Fue hasta la mesa, se inclinó sobre él y lo miró fijamente.
Fue cosa de segundos porque, al instante, el rey se desplomó como
fulminado y la copa de vino que sostenía se hizo añicos contra el piso.
Todo fue agitación y alboroto. Los ayudas de cámara alzaron al
monarca y lo acostaron en una habitación.
En seguida llamaron al médico, que llegó de inmediato. Después de
haberlo examinado, aquél anunció para alivio de todos:
-Su Majestad ha sufrido un desmayo sin consecuencias y se encuentra
bien. Ignoro qué lo provocó y pienso que hay algo misterioso en todo
esto. Sugiero consultar al mago de la corte.
Poco después se presentó una figura imponente; vestía un traje negro,
bordado con extraños símbolos plateados.
El mago se concentró en el problema y por fin se dirigió a los
ministros que esperaban en un tenso silencio.
-Para que nuestro rey se reponga del todo es preciso alejar cuanto
antes la causa de su malestar. Declaro que Su Majestad ha sucumbido al
aliento de un ser del mundo de los vivos.
Los ministros se preguntaron, consternados:
-¿Un ser vivo entre nosotros?
-¿Dónde está? ¿Cómo llegó hasta aquí?
-Se encuentra en el palacio, y no está solo -siguió diciendo el
mago-. Él y sus acompañantes llegaron hasta aquí por cosas del destino.
No tienen malas intenciones. Seamos amables con ellos y roguémosles que
se vayan.
Luego aconsejó organizarles un banquete de despedida, lo que se
concretó rápidamente.
En uno de los salones aparecieron los más deliciosos manjares, y
tampoco faltaron los músicos y las bailarinas para entretener a los
huéspedes.
Cuando todo estuvo listo, el Gran Chambelán invitó a los extranjeros;
sin saber hacia dónde mirar, pareció estar hablando con el aire:
-Señores del mundo de los vivos, muy honorables huéspedes: les
rogamos que disfruten del banquete que hemos preparado para ustedes. Una
vez que hayan gustado todos los manjares y bebidas que deseen, verán que
afuera los esperan caballos y carruajes para llevarlos de vuelta al barco.
El mercader y los suyos aceptaron con gusto pues no deseaban causar
más problemas.
Comieron y bebieron como príncipes mientras el mago musitaba
plegarias para que nada entorpeciera la partida.
Por su parte, los ministros observaban maravillados cómo iban
mermando las fuentes de comida y los botellones de vino sin que,
aparentemente, nadie los tocara.
Después de los postres, salieron al patio y allí estaban los
carruajes prometidos.
No bien subieron, los coches de suave andar los condujeron hasta la
playa.
El mercader halló un regalo en su asiento; una pesada caja de laca
que contenía, uno sobre otro, una cantidad de relucientes lingotes de oro.
Cuando dejó la playa y subió al junco, sintió que la caja,
repentinamente, se había vuelto liviana.
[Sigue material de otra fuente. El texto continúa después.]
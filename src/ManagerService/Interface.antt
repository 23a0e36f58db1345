-- ===== src/ManagerService/Interface.antt =====
-- libeos-payg/manager-interface.h: what the object says of its methods, signals and properties, with
-- the types of their values as D-Bus signatures.
use eos_payg.Base.{List, [], ◌∷◌, Option, none, some}
use eos_payg.ManagerService.{payg_interface}
use Prim.Native.String.{String}

pub record ArgInfo : Type 0 where
  pub arg_name : String
  pub signature : String

pub record MethodInfo : Type 0 where
  pub method_name : String
  pub in_args : List ArgInfo
  pub out_args : List ArgInfo

pub record SignalInfo : Type 0 where
  pub signal_name : String
  pub args : List ArgInfo

-- All of them have the flag `G_DBUS_PROPERTY_INFO_FLAGS_READABLE` alone.
pub record PropertyInfo : Type 0 where
  pub property_name : String
  pub signature : String

pub record InterfaceInfo : Type 0 where
  pub name : String
  pub methods : List MethodInfo
  pub signals : List SignalInfo
  pub properties : List PropertyInfo

abbrev pub arg : String → String → ArgInfo
arg n t = record { arg_name = n; signature = t }

abbrev pub property : String → String → PropertyInfo
property n t = record { property_name = n; signature = t }

abbrev pub manager_interface_methods : List MethodInfo
manager_interface_methods =
    (record {
      method_name = "AddCode";
      in_args = arg "code" "s" ∷ [];
      out_args = arg "time_added" "x" ∷ [];
    })
    ∷ (record { method_name = "ClearCode"; in_args = []; out_args = [] })
    ∷ []

abbrev pub manager_interface_signals : List SignalInfo
manager_interface_signals =
    (record { signal_name = "Expired"; args = [] })
    ∷ (record {
      signal_name = "ImpendingShutdown";
      args = arg "seconds_remaining" "i" ∷ arg "shutdown_reason" "s" ∷ [];
    })
    ∷ []

abbrev pub manager_interface_properties : List PropertyInfo
manager_interface_properties =
    property "ExpiryTime" "t"
    ∷ property "Enabled" "b"
    ∷ property "RateLimitEndTime" "t"
    ∷ property "CodeFormat" "s"
    ∷ property "CodeFormatPrefix" "s"
    ∷ property "CodeFormatSuffix" "s"
    ∷ property "CodeLength" "u"
    ∷ property "AccountID" "s"
    ∷ []

abbrev pub manager_interface : InterfaceInfo
manager_interface = record {
  name = payg_interface;
  methods = manager_interface_methods;
  signals = manager_interface_signals;
  properties = manager_interface_properties;
}

-- `epg_manager_service_entry_introspect`: the interfaces of a node, which is `none` for the root.
unfoldable pub entry_introspect : Option String → List InterfaceInfo
entry_introspect none = manager_interface ∷ []
entry_introspect (some node) = []
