-- ===== src/ManagerService/Properties/GetAll.antt =====
-- `GetAll` against `Get`, and the properties against the interface that the object declares.
use eos_payg.Base.{
  ◌≡◌, refl, sym, subst, ◌∙◌, ◌⊎◌, inl, inr, Bool, true, false, not, ◌&&◌, Option, none, some, List,
  [], ◌∷◌, All, if◌then◌else◌, Bool-cases, Option-cases, arith,
}
use eos_payg.Provider.{Provider}
use eos_payg.ManagerService.{Variant, payg_interface}
use eos_payg.ManagerService.Properties.{
  DbusError, Reply, return_value, set_found, return_dict, return_error, unknown_interface,
  unknown_property, property_read_only, PropertyEntry, is_property, find_property, insert_value,
  insert_all, manager_properties, properties_get, properties_set, properties_get_all, get_found,
}
use Prim.Native.String.{String}
use text.Mathlib.Text.{◌==◌ as str_eq}
use text.Mathlib.TextEquality.{eq_iff}

unfoldable pub lookup : String → List (String × Variant) → Option Variant
lookup n [] = none
lookup n ((k, v) ∷ d) = let rest = lookup n d in if str_eq k n then some v else rest

-- Whether a name stands among those of entries, and whether the names differ.
abbrev has_name : {S : Type 0} → String → List (PropertyEntry S) → Bool
has_name n [] = false
has_name n (e ∷ es) = let rest = has_name n es in if str_eq e.property_name n then true else rest

abbrev are_distinct : {S : Type 0} → List (PropertyEntry S) → Bool
are_distinct [] = true
are_distinct (e ∷ es) = not (has_name e.property_name es) && are_distinct es

str_eq-apart : (j k n : String) → str_eq j k ≡ false → str_eq j n ≡ true → str_eq k n ≡ false
str_eq-apart j k n other here = elim (Bool-cases (str_eq k n)) [
  | inr there ↦ there
  | inl same ↦
      let eq : j ≡ k = (eq_iff j n).0 here ∙ sym ((eq_iff k n).0 same) in
      absurd (ground (arith, (eq_iff j k).1 eq))
]

lookup-insert_value :
    (n k : String) (v : Variant) (d : List (String × Variant))
    → lookup n (insert_value k v d) ≡ (if str_eq k n then some v else lookup n d)
unfolding lookup insert_value
lookup-insert_value n k v [] = refl
lookup-insert_value n k v ((j, w) ∷ d) = elim (Bool-cases (str_eq j k)) [
  | inl same ↦
      let eq : j ≡ k = (eq_iff j k).0 same in
      rw (same, eq)
        (elim (Bool-cases (str_eq k n)) [ inl here ↦ rw (here) refl | inr there ↦ rw (there) refl ])
  | inr other ↦ rw (other) (elim (Bool-cases (str_eq j n)) [
    | inl here ↦
        let away : str_eq k n ≡ false = str_eq-apart j k n other here in rw (here, away) refl
    | inr there ↦ rw (there) (lookup-insert_value n k v d)
  ])
]

-- The answer of `Get` for what a dictionary holds.
abbrev pub answered : Option Variant → Option Reply
answered none = some (return_error unknown_property)
answered (some v) = some (return_value (v ∷ []))

abbrev are_of : {S : Type 0} → String → List (PropertyEntry S) → Bool
are_of i [] = true
are_of i (e ∷ es) = str_eq e.interface_name i && are_of i es

module _ {S : Type 0} (i : String) (p : S) (n : String) where
  find_property-has_name :
      (es : List (PropertyEntry S))
      → are_of i es ≡ true
      → has_name n es ≡ false
      → find_property i n es ≡ none
  unfolding find_property
  find_property-has_name [] ours away = refl
  find_property-has_name (e ∷ es) ours away = ground (arith, find_property-has_name es)

  insert_all_lem :
      (es : List (PropertyEntry S)) (d : List (String × Variant)) {d' : List (String × Variant)}
      → are_of i es ≡ true
      → are_distinct es ≡ true
      → insert_all i p es d ≡ some d'
      → answered (lookup n d')
        ≡ (if has_name n es then get_found (find_property i n es) p else answered (lookup n d))
  unfolding insert_all find_property
  insert_all_lem [] d ours apart h = cc
  insert_all_lem (e ∷ es) d {d'} ours apart h = elim (Option-cases (e.get_func p)) [
    | inl failed ↦ absurd (ground arith)
    | inr (v, value) ↦
        let rest =
          insert_all_lem es (insert_value e.property_name v d) {d' = d'} (ground arith)
            (ground arith) (ground arith) in
        let mine : str_eq e.interface_name i ≡ true = ground arith in
        let put = lookup-insert_value n e.property_name v d in
        elim (Bool-cases (str_eq e.property_name n)) [
          | inl here ↦
              let eq : e.property_name ≡ n = (eq_iff e.property_name n).0 here in
              let last : has_name n es ≡ false =
                subst (λ m. has_name m es ≡ false) eq (ground arith) in
              rest ∙ rw (last, put, here, mine, value) refl
          | inr there ↦ rest ∙ rw (put, there, mine) refl
        ]
  ]

table_of :
    {S : Type 0} (P : Provider S)
    → (are_of payg_interface (manager_properties P) ≡ true)
      × (are_distinct (manager_properties P) ≡ true)
table_of P = (refl, refl)

module _ (is_interface_name : String → Bool) {S : Type 0} (P : Provider S) (p : S) where
  -- If GetAll of com.endlessm.Payg1 returns a dictionary, Get of any property returns the value
  -- that the dictionary has for its name, and the error of an unknown property if it has none.
  pub get_all-get :
      (n : String) {d : List (String × Variant)}
      → properties_get_all is_interface_name P payg_interface p ≡ some (return_dict d)
      → properties_get is_interface_name P payg_interface n p ≡ answered (lookup n d)
  unfolding properties_get_all properties_get lookup
  get_all-get n {d} h = elim (Bool-cases (is_interface_name payg_interface)) [
    | inr bad ↦ absurd (ground arith)
    | inl good ↦ elim (Option-cases (insert_all payg_interface p (manager_properties P) [])) [
      | inl failed ↦ absurd (ground arith)
      | inr (d', made) ↦
          let whole : properties_get_all is_interface_name P payg_interface p
              ≡ some (return_dict d') =
            rw (good, made) refl in
          let same : d ≡ d' = cc in
          let r = insert_all_lem payg_interface p n (manager_properties P) [] refl refl made in
          rw (same, good)
            (elim (Bool-cases (has_name n (manager_properties P))) [
              | inl has ↦ sym (r ∙ rw (has) refl)
              | inr away ↦
                  rw (find_property-has_name payg_interface p n (manager_properties P) refl away)
                    (sym (r ∙ rw (away) refl))
            ])
    ]
  ]

  set_found_lem :
      (i n : String) (v : Variant) (es : List (PropertyEntry S))
      → All (λ e. e.set_func ≡ none) es
      → (e : DbusError) × (set_found (find_property i n es) v p ≡ some (p, return_error e))
        × ((e ≡ property_read_only) ⊎ ((e ≡ unknown_property) × (find_property i n es ≡ none)))
  unfolding find_property
  set_found_lem i n v [] fixed = (unknown_property, refl, inr (refl, refl))
  set_found_lem i n v (e ∷ es) (here, fixed) = elim (Bool-cases (is_property i n e)) [
    | inl found ↦ (property_read_only, rw (found, here) refl, inl refl)
    | inr other ↦ rw (other) (set_found_lem i n v es fixed)
  ]

  -- Set leaves the provider as it is and returns an error for every interface, property and value:
  -- that the property is read-only, or else the error that Get returns.
  pub properties_set_lem :
      (i n : String) (v : Variant)
      → (e : DbusError) × (properties_set is_interface_name P i n v p ≡ some (p, return_error e))
        × ((e ≡ property_read_only)
            ⊎ (properties_get is_interface_name P i n p ≡ some (return_error e)))
  unfolding properties_set properties_get
  properties_set_lem i n v = elim (Bool-cases (is_interface_name i)) [
    | inr bad ↦ (unknown_interface, rw (bad) refl, inr (rw (bad) refl))
    | inl good ↦
        let (e, done, kind) =
          set_found_lem i n v (manager_properties P)
            (refl, (refl, (refl, (refl, (refl, (refl, (refl, (refl, tt)))))))) in
        (
          e,
          rw (good) done,
          elim kind [
            | inl fixed ↦ inl fixed
            | inr (unknown, missing) ↦ inr (rw (good, missing, unknown) refl)
          ],
        )
  ]
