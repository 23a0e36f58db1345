-- ===== src/RealClock/Timer.antt =====
-- When the timer of an expiry time reaches the manager, with the daemon's clock.
use eos_payg.Base.{
  ℕ, zero, suc, ◌+◌, ◌*◌, ◌/◌, ◌%◌, ◌^◌, ◌<◌, ◌≤◌, ◌-◌, ◌≡◌, inl, inr, refl, ap, ◌∙◌, min, Bool,
  true, false, none, some, if◌then◌else◌, leb, Bool-cases, ◌==◌, arith,
}
use eos_payg.Manager.{Manager, Runtime, Clock, max_uint, max_uint64, emit, expired}
use eos_payg.Manager.Expiry.{check_expired_cb, set_expiry_time}
use eos_payg.Manager.Expiry.Time.{add_clamped, set_expiry_time_lem}
use eos_payg.RealClock.{
  Timespec, Itimerspec, Boottime, nanoseconds, get_boottime, real_clock_get_time,
  boottime_source_new, real_clock_source_new_seconds, boottime_source_dispatch,
}

-- A reading of the clock is its whole seconds.
time_seconds : (ts : Timespec) → ts.tv_nsec < 10 ^ 9 → real_clock_get_time ts ≡ ts.tv_sec
unfolding real_clock_get_time get_boottime
time_seconds ts h = omega arith

-- The longest interval of a timer, in seconds: about 49.7 days.
abbrev pub max_seconds : ℕ
max_seconds = max_uint / 1000

abbrev pub seconds : ℕ → Itimerspec
seconds i =
    let its : Timespec = record { tv_sec = i; tv_nsec = 0 } in
    record { it_interval = its; it_value = its }

source-seconds :
    (interval : ℕ)
    → real_clock_source_new_seconds true interval ≡ some (seconds (min interval max_seconds))
unfolding real_clock_source_new_seconds boottime_source_new
source-seconds interval = ap some (in_seconds (min interval max_seconds) (omega arith))
  where
    in_seconds :
        (j : ℕ)
        → j ≤ max_seconds
        → (let its : Timespec = record {
          tv_sec = j * 1000 % 2 ^ 32 / 1000;
          tv_nsec = j * 1000 % 2 ^ 32 % 1000 * (1000 * 1000);
        } in
            record { it_interval = its; it_value = its })
          ≡ seconds j
    in_seconds j h =
        let whole : j * 1000 % 2 ^ 32 / 1000 ≡ j = omega arith in
        let none_left : j * 1000 % 2 ^ 32 % 1000 * (1000 * 1000) ≡ 0 = omega arith in
        rw (whole, none_left) refl

-- The whole number of intervals before the end of a span.
intervals : (i span : ℕ) → 0 < i → (k : ℕ) × (k * i < suc span) × (suc span ≤ suc k * i)
intervals i zero h = (0, omega arith, omega arith)
intervals i (suc span) h =
    let (k, before, after) = intervals i span h in
    elim (Bool-cases (leb (suc (suc span)) (suc k * i))) [
      | inl within ↦ (k, omega arith, ground (arith, within))
      | inr past ↦ (suc k, ground (arith, past, after), ground (arith, past, after))
    ]

module _ (K : Boottime) (c : Clock) (its : Itimerspec) (start : ℕ) where
  -- The dispatch of one expiration of a timer that was set at `start`, as soon as it is due; `c` has
  -- what else an operation could read.
  unfoldable dispatch : ℕ → Manager → Manager × Bool
  dispatch k m = elim (K.expiration its k) [
    | none ↦ (m, true)
    | some t ↦
        let now = real_clock_get_time (K.clock_gettime (start + t)) in
        boottime_source_dispatch (some (check_expired_cb (record c { time = now }))) true m
  ]

  -- The first `n` expirations; the flag says whether the source is still attached.
  unfoldable pub run_timer : ℕ → Manager → Manager × Bool
  unfolding dispatch
  run_timer zero m = (m, true)
  run_timer (suc n) m =
      let (m', stays) = run_timer n m in if stays then dispatch n m' else (m', false)

in_nanoseconds : (k i : ℕ) → k * nanoseconds (seconds i).it_interval ≡ k * i * 10 ^ 9
in_nanoseconds zero i = omega arith
in_nanoseconds (suc k) i = omega (arith, in_nanoseconds k i)

-- A time that is whole seconds later shows as so many seconds more.
later_seconds :
    (K : Boottime) (start j : ℕ)
    → real_clock_get_time (K.clock_gettime (start + j * 10 ^ 9))
      ≡ real_clock_get_time (K.clock_gettime start) + j
later_seconds K start j =
    let later = start + j * 10 ^ 9 in
    rw
      (
        time_seconds (K.clock_gettime later) (K.clock_gettime_normal later),
        time_seconds (K.clock_gettime start) (K.clock_gettime_normal start),
      )
      (omega (
        arith,
        K.nanoseconds-clock_gettime later,
        K.nanoseconds-clock_gettime start,
        K.clock_gettime_normal later,
        K.clock_gettime_normal start,
      ))

module _ (c : Clock) where
  not_expired :
      (t : ℕ) (m : Manager)
      → m.enabled ≡ true
      → t < m.expiry_time_secs
      → check_expired_cb (record c { time = t }) m ≡ (m, true)
  unfolding check_expired_cb
  not_expired t m on early = ground arith

  has_expired :
      (t : ℕ) (m : Manager)
      → m.enabled ≡ true
      → m.expiry_time_secs ≤ t
      → check_expired_cb (record c { time = t }) m ≡ (emit expired m, false)
  unfolding check_expired_cb
  has_expired t m on due = ground arith

module _ (K : Boottime) (c : Clock) (start i : ℕ) (positive : 0 < i) where
  -- A timer of `i` seconds shows the manager, at its k-th expiration, `i` seconds more than at the
  -- one before.
  dispatch_time :
      (k : ℕ) (m : Manager)
      → dispatch K c (seconds i) start k m
        ≡ check_expired_cb
            (record c { time = real_clock_get_time (K.clock_gettime start) + suc k * i })
            m
  unfolding dispatch boottime_source_dispatch
  dispatch_time k m =
      rw (dispatch, K.expiration_armed (seconds i) k (omega (arith, positive)))
        (ap (λ t. check_expired_cb (record c { time = t }) m)
          (ap (λ t. real_clock_get_time (K.clock_gettime (start + t)))
              (omega (arith, in_nanoseconds k i))
            ∙ later_seconds K start (suc k * i)))

  -- Before the expiry time an expiration leaves the manager as it is and the timer running.
  run_timer_early :
      (n : ℕ) (m : Manager)
      → m.enabled ≡ true
      → real_clock_get_time (K.clock_gettime start) + n * i < m.expiry_time_secs
      → run_timer K c (seconds i) start n m ≡ (m, true)
  unfolding run_timer
  run_timer_early zero m on early = refl
  run_timer_early (suc n) m on early =
      let before = run_timer_early n m on (omega (arith, early)) in
      rw (run_timer, before)
        (dispatch_time n m
          ∙ not_expired c (real_clock_get_time (K.clock_gettime start) + suc n * i) m on early)

  -- The first expiration that is not before the expiry time emits the signal and ends the timer.
  run_timer_expired :
      (n : ℕ) (m : Manager)
      → m.enabled ≡ true
      → real_clock_get_time (K.clock_gettime start) + n * i < m.expiry_time_secs
      → m.expiry_time_secs ≤ real_clock_get_time (K.clock_gettime start) + suc n * i
      → run_timer K c (seconds i) start (suc n) m ≡ (emit expired m, false)
  unfolding run_timer
  run_timer_expired n m on early due =
      rw (run_timer, run_timer_early n m on early)
        (dispatch_time n m
          ∙ has_expired c (real_clock_get_time (K.clock_gettime start) + suc n * i) m on due)

whole_intervals : (i span : ℕ) → 0 < i → 0 < span → (k : ℕ) × (k * i < span) × (span ≤ suc k * i)
whole_intervals i span some_time positive =
    let (k, before, after) = intervals i (span - 1) some_time in
    (k, omega (arith, before, positive), omega (arith, after, positive))

armed_span :
    (now span : ℕ)
    → now + span < max_uint64
    → (if add_clamped now span == max_uint64
        then none
        else some (min (add_clamped now span - now) max_uint))
      ≡ some (min span max_uint)
armed_span now span fits = ground arith

first_expiration :
    (K : Boottime) (i k : ℕ) → 0 < i → K.expiration (seconds i) k ≡ some (suc k * i * 10 ^ 9)
first_expiration K i k positive =
    K.expiration_armed (seconds i) k (omega (arith, positive))
    ∙ ap some (omega (arith, in_nanoseconds k i))

-- On an enabled manager with a working clock source, while another save can be counted, with the
-- daemon's clock at now and timers of the kernel that are served as soon as they expire,
-- set_expiry_time with a span above 0 that does not reach the end of time starts a timer whose
-- interval is the span, or 4294967 seconds if that is shorter; the signal that the time has
-- expired comes at the first multiple of this interval that is not before the end of the span, not
-- at an earlier one, and the timer then ends.
pub set_expiry_time-expired :
    (K : Boottime) (R : Runtime) (c : Clock) (save_state : Bool) (now span start : ℕ) (m : Manager)
    → c.source_ok ≡ true
    → m.enabled ≡ true
    → m.pending_internal_save_state_calls < max_uint64
    → 0 < span
    → now + span < max_uint64
    → real_clock_get_time (K.clock_gettime start) ≡ now
    → let i = min span max_seconds in
      (r : Manager × Bool) × (interval : ℕ) × (its : Itimerspec) × (k : ℕ) × (set_expiry_time R c
          save_state now span m
        ≡ some r)
      × (r.0.expiry ≡ some interval)
      × (real_clock_source_new_seconds true interval ≡ some its)
      × (k * i < span)
      × (span ≤ suc k * i)
      × (K.expiration its k ≡ some (suc k * i * 10 ^ 9))
      × (run_timer K c its start k r.0 ≡ (r.0, true))
      × (run_timer K c its start (suc k) r.0 ≡ (emit expired r.0, false))
set_expiry_time-expired K R c save_state now span start m works on few positive fits shows =
    let (r, done, set) = set_expiry_time_lem R c save_state now span m (omega (arith, fits)) few in
    let i = min span max_seconds in
    let some_time : 0 < i = omega (arith, positive) in
    let (k, before, after) = whole_intervals i span some_time positive in
    let on' : r.0.enabled ≡ true = set.keeps.enabled_kept ∙ on in
    let time : r.0.expiry_time_secs ≡ now + span = set.time_set works ∙ omega (arith, fits) in
    (
      r,
      min span max_uint,
      seconds i,
      k,
      done,
      set.timer_set works ∙ armed_span now span fits,
      source-seconds (min span max_uint) ∙ ap (λ j. some (seconds j)) (omega arith),
      before,
      after,
      first_expiration K i k some_time,
      run_timer_early K c start i some_time k r.0 on' (omega (arith, before, time, shows)),
      run_timer_expired K c start i some_time k r.0 on' (omega (arith, before, time, shows))
          (omega (arith, after, time, shows)),
    )
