-- ===== src/Service.antt =====
-- libeos-payg/service.c: the service around a provider. `P` is the class of the providers, external
-- ones and `EpgManager` alike, so that a provider is a state of type `S`. What the loader, the
-- configuration file and the clocks give are arguments, and `none` is a failed assertion.
pub mod Startup
pub mod Jumps
pub mod Wakeups
pub mod Holding
use eos_payg.Base.{
  ℕ, ◌+◌, ◌-◌, ◌≡◌, Bool, true, false, not, ◌&&◌, Option, none, some, List, [], ◌∷◌, ◌==◌,
  if◌then◌else◌,
}
use eos_payg.Base.Int.{ℤ, pos, negsuc, sub_ℕ}
use eos_payg.Base.Strings.{bytes}
use eos_payg.Debug.{EfiVariables, get_eospayg_active_set}
use eos_payg.Efi.{EfiOps, Efi, var_delete}
use eos_payg.Manager.{Clock, assert, ◌>>=◌, ◌>>◌}
use eos_payg.Provider.{
  Provider, provider_get_enabled, provider_wallclock_time_changed, provider_shutdown_async,
}
use eos_payg.ManagerService.{ManagerService, new_service, set_provider, register, unregister}

-- `holds` is the count of `gss_service_hold` without `gss_service_release`, `hwclock_updates` that of
-- `payg_hwclock_queue_update`. The two clocks are seconds.
pub record Service (S : Type 0) : Type 0 where
  pub provider : Option S
  pub manager_service : Option ManagerService
  pub holding : Bool
  pub holds : ℕ
  pub has_source : Bool
  pub clock_realtime_secs_v0 : ℕ
  pub clock_boottime_secs_v0 : ℕ
  pub eospayg_active_efivar : Bool
  pub hwclock_updates : ℕ

-- The two clocks, read one after the other.
pub record Reading : Type 0 where
  pub realtime : ℕ
  pub boottime : ℕ

-- `EPG_SERVICE_ERROR_NO_PROVIDER`, or the error of what failed.
pub data StartError : Type 0 where
  no_provider config_error manager_error register_error : StartError

-- How the task of the start returns: true, true with the service told to exit, or an error.
pub data StartResult : Type 0 where
  started exits : StartResult
  start_failed : StartError → StartResult

-- What `epg_provider_loader_get_first_enabled_finish` gives: a provider, none, or an error.
pub data Found (S : Type 0) : Type 0 where
  found : S → Found S
  not_found load_failed : Found S

-- What a start reads beside the loader: the setting `Enabled`, what `epg_manager_new_finish` gives,
-- the clocks with whether a clock-jump source can be made, the provider's clock, and the ids that GLib
-- gives.
pub record Start (S : Type 0) : Type 0 where
  pub config_enabled : Option Bool
  pub manager : Bool → Option S
  pub reading : Reading
  pub source_ok : Bool
  pub clock : Clock
  pub timer_id : ℕ
  pub subtree_id : ℕ

module _ {S : Type 0} (P : Provider S) where
  -- In 64-bit arithmetic: (v1 of the real time - v0) - (v1 of the boot time - v0).
  abbrev pub jump_delta : Reading → Service S → ℤ
  jump_delta v1 s =
      sub_ℕ (v1.realtime + s.clock_boottime_secs_v0) (s.clock_realtime_secs_v0 + v1.boottime)

  abbrev pub is_zero : ℤ → Bool
  is_zero (pos n) = n == 0
  is_zero (negsuc n) = false

  abbrev jumped : Reading → S → Service S → Service S
  jumped v1 p s = record s {
    provider = some p;
    clock_realtime_secs_v0 = v1.realtime;
    clock_boottime_secs_v0 = v1.boottime;
    hwclock_updates = s.hwclock_updates + 1;
  }

  unfoldable pub clock_jump_cb : Clock → Reading → Service S → Option (Service S)
  clock_jump_cb c v1 s = do
    p ← s.provider
    p' ←
        (if is_zero (jump_delta v1 s)
          then some p
          else provider_wallclock_time_changed P c (jump_delta v1 s) p)
    some (jumped v1 p' s)

  unfoldable pub service_set_provider : Reading → Bool → S → Service S → Service S
  service_set_provider v0 source_ok p s = record s {
    provider = some p;
    clock_realtime_secs_v0 = v0.realtime;
    clock_boottime_secs_v0 = v0.boottime;
    has_source = source_ok;
  }

  abbrev with_found : Start S → Found S → Service S → Service S
  with_found x (found p) s = service_set_provider x.reading x.source_ok p s
  with_found x not_found s = s
  with_found x load_failed s = s

  unfoldable pub secure_init_sync : Bool → EfiVariables → Start S → Found S → Service S → Service S
  secure_init_sync legacy_mode v x r s =
      with_found x r
        (record s { eospayg_active_efivar = not legacy_mode && get_eospayg_active_set v })

  abbrev held : Bool → Service S → Service S
  held enabled s =
      if enabled && not s.holding
      then record s { holds = s.holds + 1 }
      else if not enabled && s.holding
      then record s { holds = s.holds - 1 }
      else s

  unfoldable pub provider_notify_enabled_cb : S → Service S → Option (Service S)
  provider_notify_enabled_cb p s = do
    enabled ← provider_get_enabled P p
    some (record (held enabled s) { holding = enabled })

  abbrev register_result : Bool → StartResult
  register_result ok = if ok then started else start_failed register_error

  unfoldable pub startup_complete : Start S → Service S → Option (Service S × StartResult)
  startup_complete x s = do
    p ← s.provider
    m ← set_provider P x.clock x.timer_id p new_service
    let r = register x.subtree_id m
    s' ← provider_notify_enabled_cb p (record s { manager_service = some r.0 })
    some (s', register_result r.1)

  unfoldable pub manager_new_cb : Start S → Option S → Service S → Option (Service S × StartResult)
  manager_new_cb x none s = some (s, start_failed manager_error)
  manager_new_cb x (some p) s = do
    enabled ← provider_get_enabled P p
    (if enabled
        then startup_complete x (service_set_provider x.reading x.source_ok p s)
        else some (s, exits))

  abbrev configured : Start S → Option Bool → Service S → Option (Service S × StartResult)
  configured x none s = some (s, start_failed config_error)
  configured x (some enabled) s = manager_new_cb x (x.manager enabled) s

  -- What follows if the loader gave no provider.
  abbrev fall_back : Start S → Service S → Option (Service S × StartResult)
  fall_back x s =
      if s.eospayg_active_efivar
      then some (s, start_failed no_provider)
      else configured x x.config_enabled s

  unfoldable pub provider_get_first_enabled_cb :
      Start S → Found S → Service S → Option (Service S × StartResult)
  provider_get_first_enabled_cb x (found p) s =
      startup_complete x (service_set_provider x.reading x.source_ok p s)
  provider_get_first_enabled_cb x not_found s = fall_back x s
  provider_get_first_enabled_cb x load_failed s = fall_back x s

  -- The loader runs only if there is no provider yet.
  abbrev start_with : Option S → Start S → Found S → Service S → Option (Service S × StartResult)
  start_with (some p) x r s = startup_complete x s
  start_with none x r s = provider_get_first_enabled_cb x r s

  unfoldable pub startup_async : Start S → Found S → Service S → Option (Service S × StartResult)
  startup_async x r s = start_with s.provider x r s

  -- An object that was never made is not unregistered.
  abbrev unregistered : Option ManagerService → Option ManagerService
  unregistered none = none
  unregistered (some m) = some (unregister m)

  abbrev shut_down : Clock → Option S → Service S → Option (Service S)
  shut_down c none s = some s
  shut_down c (some p) s = do
    p' ← provider_shutdown_async P c p
    some (record s { provider = some p'; manager_service = unregistered s.manager_service })

  -- `epg_service_shutdown`, which waits for the provider's answer before it unregisters.
  unfoldable pub shutdown : Clock → Service S → Option (Service S)
  shutdown c s = shut_down c s.provider s

  -- The flag says whether a variable was deleted.
  unfoldable pub provider_unlocked_cb :
      {Store : Type 0} (efi : EfiOps Store) → Service S → Efi efi → Efi efi × Bool
  provider_unlocked_cb efi s e =
      if s.eospayg_active_efivar then var_delete efi (bytes "active") e else (e, false)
La abrió y, en vez del oro,
encontró pilas de papelitos amarillos, los mismos que en los funerales
se queman como si fuesen billetes para que al muerto no le falte dinero
en el otro mundo.
Se volvió para dar una última mirada pero la playa estaba desierta;
los carruajes, la gente y todo signo de vida habían desaparecido.
Sólo quedaban las colinas y los valles, y el ancho río corriendo
hacia el mar.
Los buenos vientos impulsaron al junto y en poco días alcanzaron el
puerto de Shangtung.
El mercader y los marineros contaron una y mil veces sus aventuras en
la Tierra de los Espíritus. Los escucharon mudos de asombro, aunque no
faltaron los que pidieron explicaciones como ésta:
-Si ellos no los veían, significa que ustedes eran invisibles.
Entonces, ¿ustedes fueron tan fantasmas como ellos?